(Exercise)
Nothing outside the range is wanted. Repeat exactly the lines below from the one with "let foreign : (sample.frame" through the one with "(w.bytes_apart slot ne".
= = =
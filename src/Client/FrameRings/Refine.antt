-- ===== src/Client/FrameRings/Refine.antt =====
-- A write to the store, as an update of what the frames of the entities read as.
use ashiato_sync.Base.{
  ℕ, ◌<◌, ◌≡◌, refl, sym, ap, ap₂, subst, ◌∙◌, max, Bool, true, false, ◌&&◌, List, arith,
  Bool-cases, inl, inr, ◌==◌, length, if◌then◌else◌, ==_false→ne, ne→==_false, ==→eq, ==_self,
  eq-or-ne,
}
use ashiato_sync.Capacity.{IsCapacity, slot_for, slot_for-lt, capacity_pos}
use ashiato_sync.Client.PayloadRing.Slots.{payload_bytes, pad}
use ashiato_sync.Client.FrameRings.{
  FrameMetadata, EntityRing, EntityBufferedFrame, FramePresentationOrigin, FrameWriteSource,
  ClientFrameRingStore, metadata_at, copied, ring_at, read, written, begun, write,
}
use ashiato_sync.Client.FrameRings.Slot.{RingWritten, write_ring, write_ring-RingWritten, stored}
use ashiato_sync.Client.FrameRings.Reads.{
  IsRing, IsValid, read_ring, read_lem, ready_ring, next_generation, write_rings,
}
use ashiato_sync.Client.FrameRings.Ready.{
  ensure-Ready, padded, read_ring_lem, read_slot, stride_after, updated,
}

read_slot_same :
    (m : FrameMetadata) (bytes : List ℕ) (frame : ℕ) (out : EntityBufferedFrame)
    → (m.frame == frame) ≡ true
    → read_slot m bytes frame out ≡ (if m.valid then (true, copied m bytes) else (false, out))
read_slot_same m bytes frame out e = elim (Bool-cases m.valid) [
  | inl v ↦ rw (e, v) refl
  | inr v ↦ rw (e, v) refl
]

read_slot_other :
    (m : FrameMetadata) (bytes : List ℕ) (frame : ℕ) (out : EntityBufferedFrame)
    → (m.frame == frame) ≡ false
    → read_slot m bytes frame out ≡ (false, out)
read_slot_other m bytes frame out e = elim (Bool-cases m.valid) [
  | inl v ↦ rw (e, v) refl
  | inr v ↦ rw (e, v) refl
]

-- What is read, with its bytes filled up with zeros.
abbrev padded_read : (stride : ℕ) → Bool × EntityBufferedFrame → Bool × EntityBufferedFrame
padded_read stride r = (r.0, (if r.0 then padded stride r.1 else r.1))

read_slot_padded :
    (m : FrameMetadata) (bytes : List ℕ) (frame : ℕ) (out : EntityBufferedFrame) (stride : ℕ)
    → read_slot m (pad stride bytes) frame out ≡ padded_read stride (read_slot m bytes frame out)
unfolding copied
read_slot_padded m bytes frame out stride = elim (Bool-cases (m.valid && (m.frame == frame))) [
  | inl e ↦ rw e refl
  | inr e ↦ rw e refl
]

-- The written ring reads as the update of the ring before.
written_reads :
    (s : ClientFrameRingStore) (entity_index : ℕ) (sample : EntityBufferedFrame) (generation : ℕ)
    (source : FrameWriteSource) (origin : FramePresentationOrigin) (after : EntityRing) (frame : ℕ)
    (out : EntityBufferedFrame)
    → IsValid s
    → RingWritten
        (slot_for s.capacity sample.frame)
        (stored sample generation source origin)
        sample.baseline.bytes
        (ready_ring s entity_index)
        after
    → read_ring after frame out ≡ updated s entity_index sample entity_index frame out
unfolding written begun copied
written_reads s entity_index sample generation source origin after frame out valid w =
    let capacity = s.capacity in
    let pos = capacity_pos capacity valid.capacity in
    let ready =
      ensure-Ready capacity (ring_at s entity_index) valid.capacity (valid.rings entity_index) in
    let made : EntityRing = ready_ring s entity_index in
    let stride : after.payload_stride ≡ stride_after s entity_index sample =
      w.stride_raised ∙ ap (λ n. max (length sample.baseline.bytes) n) ready.stride_kept in
    let slot : ℕ = slot_for capacity frame in
    let place : ℕ = slot_for capacity sample.frame in
    let start = read_ring_lem after capacity frame out (w.size_kept ∙ ready.full) pos in
    let stored_there : slot ≡ place
        → read_ring after frame out
          ≡ read_slot (stored sample generation source origin)
              (pad (stride_after s entity_index sample) sample.baseline.bytes) frame out =
      λ e.
        start
        ∙ ap₂ (λ (m : FrameMetadata) (bytes : List ℕ). read_slot m bytes frame out)
            (ap (λ n. metadata_at after n) e ∙ w.here)
            (ap (λ n. payload_bytes after n) e
              ∙ w.bytes_here
              ∙ ap (λ n. pad n sample.baseline.bytes) stride) in
    let before : read s entity_index frame out
        ≡ read_slot (metadata_at made slot) (payload_bytes made slot) frame out =
      read_lem s entity_index frame out valid
      ∙ sym (ready.reads frame out)
      ∙ read_ring_lem made capacity frame out ready.full pos in
    rw (==_self entity_index) (elim (Bool-cases (frame == sample.frame)) [
      | inl same ↦
          let e = ==→eq frame sample.frame same in
          let own : (sample.frame == frame) ≡ true =
            ap (λ n. sample.frame == n) e ∙ ==_self sample.frame in
          rw same (
            stored_there (ap (λ n. slot_for capacity n) e)
            ∙ read_slot_same (stored sample generation source origin)
                (pad (stride_after s entity_index sample) sample.baseline.bytes) frame out own)
      | inr other ↦ elim (Bool-cases (slot == place)) [
        | inl collide ↦
            let foreign : (sample.frame == frame) ≡ false =
              ne→==_false sample.frame frame (λ q. ==_false→ne frame sample.frame other (sym q)) in
            rw (other, collide)
              (stored_there (==→eq slot place collide)
                ∙ read_slot_other (stored sample generation source origin)
                    (pad (stride_after s entity_index sample) sample.baseline.bytes) frame out
                    foreign)
        | inr distinct ↦
            let ne = ==_false→ne slot place distinct in
            let below : slot < length made.metadata =
              omega (arith, slot_for-lt capacity frame valid.capacity, ready.full) in
            rw (other, distinct)
              (start
                ∙ ap₂ (λ (m : FrameMetadata) (bytes : List ℕ). read_slot m bytes frame out)
                    (w.apart slot ne)
                    (w.bytes_apart slot ne below ∙ ap (λ n. pad n (payload_bytes made slot)) stride)
                ∙ read_slot_padded (metadata_at made slot) (payload_bytes made slot) frame out
                    (stride_after s entity_index sample)
                ∙ ap
                    (λ (r : Bool × EntityBufferedFrame).
                      padded_read (stride_after s entity_index sample) r)
                    (sym before))
      ]
    ])

module _ (s : ClientFrameRingStore) (entity_index : ℕ) (sample : EntityBufferedFrame)
    (source : FrameWriteSource) (origin : FramePresentationOrigin) (valid : IsValid s) where
  ring_written :
      let ring = write_ring sample (next_generation s) source origin (ready_ring s entity_index) in
      (ring.0 ≡ false)
      × RingWritten
          (slot_for s.capacity sample.frame)
          (stored sample (next_generation s) source origin)
          sample.baseline.bytes
          (ready_ring s entity_index)
          ring.1
  ring_written =
      let ready =
        ensure-Ready s.capacity (ring_at s entity_index) valid.capacity
          (valid.rings entity_index) in
      let generation = next_generation s in
      let ring : Bool × EntityRing =
        write_ring sample generation source origin (ready_ring s entity_index) in
      let (safe, w) =
        write_ring-RingWritten sample generation source origin (ready_ring s entity_index)
          ready.sized (subst IsCapacity (sym ready.full) valid.capacity) in
      (
        safe,
        subst
            (λ n.
              RingWritten (slot_for n sample.frame) (stored sample generation source origin)
                sample.baseline.bytes (ready_ring s entity_index) ring.1)
            ready.full w,
      )

  ring_after :
      RingWritten
        (slot_for s.capacity sample.frame)
        (stored sample (next_generation s) source origin)
        sample.baseline.bytes
        (ready_ring s entity_index)
        (ring_at ((write entity_index sample source origin s).1) entity_index)
  ring_after =
      subst
        (RingWritten (slot_for s.capacity sample.frame)
          (stored sample (next_generation s) source origin) sample.baseline.bytes
          (ready_ring s entity_index))
        (sym ((write_rings s entity_index sample source origin).1)) ring_written.1

  -- On a valid store, whose capacity is a power of two and whose rings are empty or have their
  -- slots and payloads, a write never throws, and the store is valid after it.
  pub write-IsValid :
      ((write entity_index sample source origin s).0 ≡ false)
      × IsValid ((write entity_index sample source origin s).1)
  write-IsValid =
      let (throws, here, others, kept) = write_rings s entity_index sample source origin in
      let after : ClientFrameRingStore = (write entity_index sample source origin s).1 in
      let ready =
        ensure-Ready s.capacity (ring_at s entity_index) valid.capacity
          (valid.rings entity_index) in
      (
        throws ∙ ring_written.0,
        record {
          capacity = subst IsCapacity (sym kept) valid.capacity;
          rings = λ other.
              subst (λ n. IsRing n (ring_at after other)) (sym kept)
                (elim (eq-or-ne other entity_index) [
                  | inl e ↦
                      subst (λ i. IsRing s.capacity (ring_at after i)) (sym e)
                        record {
                          sized = ring_after.sized;
                          entries = inr (ring_after.size_kept ∙ ready.full);
                        }
                  | inr ne ↦ subst (IsRing s.capacity) (sym (others other ne)) (valid.rings other)
                ]);
        },
      )

  -- After a write on a valid store, each frame of each entity reads as follows. The frames of other
  -- entities read as before. The written frame, if the sample is valid, reads as the sample with its
  -- bytes filled up with zeros to the payload size of the ring, which is the greatest so far. Another
  -- frame with the same slot is gone. Every other frame of the entity reads as before, with its
  -- bytes filled up with zeros.
  pub read-write :
      (other frame : ℕ) (out : EntityBufferedFrame)
      → read ((write entity_index sample source origin s).1) other frame out
        ≡ updated s entity_index sample other frame out
  read-write other frame out =
      let after : ClientFrameRingStore = (write entity_index sample source origin s).1 in
      let (throws, here, others, kept) = write_rings s entity_index sample source origin in
      let start = read_lem after other frame out write-IsValid.1 in
      elim (eq-or-ne other entity_index) [
        | inl e ↦
            start
            ∙ ap (λ i. read_ring (ring_at after i) frame out) e
            ∙ written_reads s entity_index sample (next_generation s) source origin
                (ring_at after entity_index) frame out valid ring_after
            ∙ ap (λ i. updated s entity_index sample i frame out) (sym e)
        | inr ne ↦
            start
            ∙ ap (λ (r : EntityRing). read_ring r frame out) (others other ne)
            ∙ sym (read_lem s other frame out valid)
            ∙ rw (ne→==_false other entity_index ne) refl
      ]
= = =
(Task solution)
            let foreign : (sample.frame == frame) ≡ false =
              ne→==_false sample.frame frame (λ q. ==_false→ne frame sample.frame other (sym q)) in
            rw (other, collide)
              (stored_there (==→eq slot place collide)
                ∙ read_slot_other (stored sample generation source origin)
                    (pad (stride_after s entity_index sample) sample.baseline.bytes) frame out
                    foreign)
        | inr distinct ↦
            let ne = ==_false→ne slot place distinct in
            let below : slot < length made.metadata =
              omega (arith, slot_for-lt capacity frame valid.capacity, ready.full) in
            rw (other, distinct)
              (start
                ∙ ap₂ (λ (m : FrameMetadata) (bytes : List ℕ). read_slot m bytes frame out)
                    (w.apart slot ne)
                    (w.bytes_apart slot ne below ∙ ap (λ n. pad n (payload_bytes made slot)) stride)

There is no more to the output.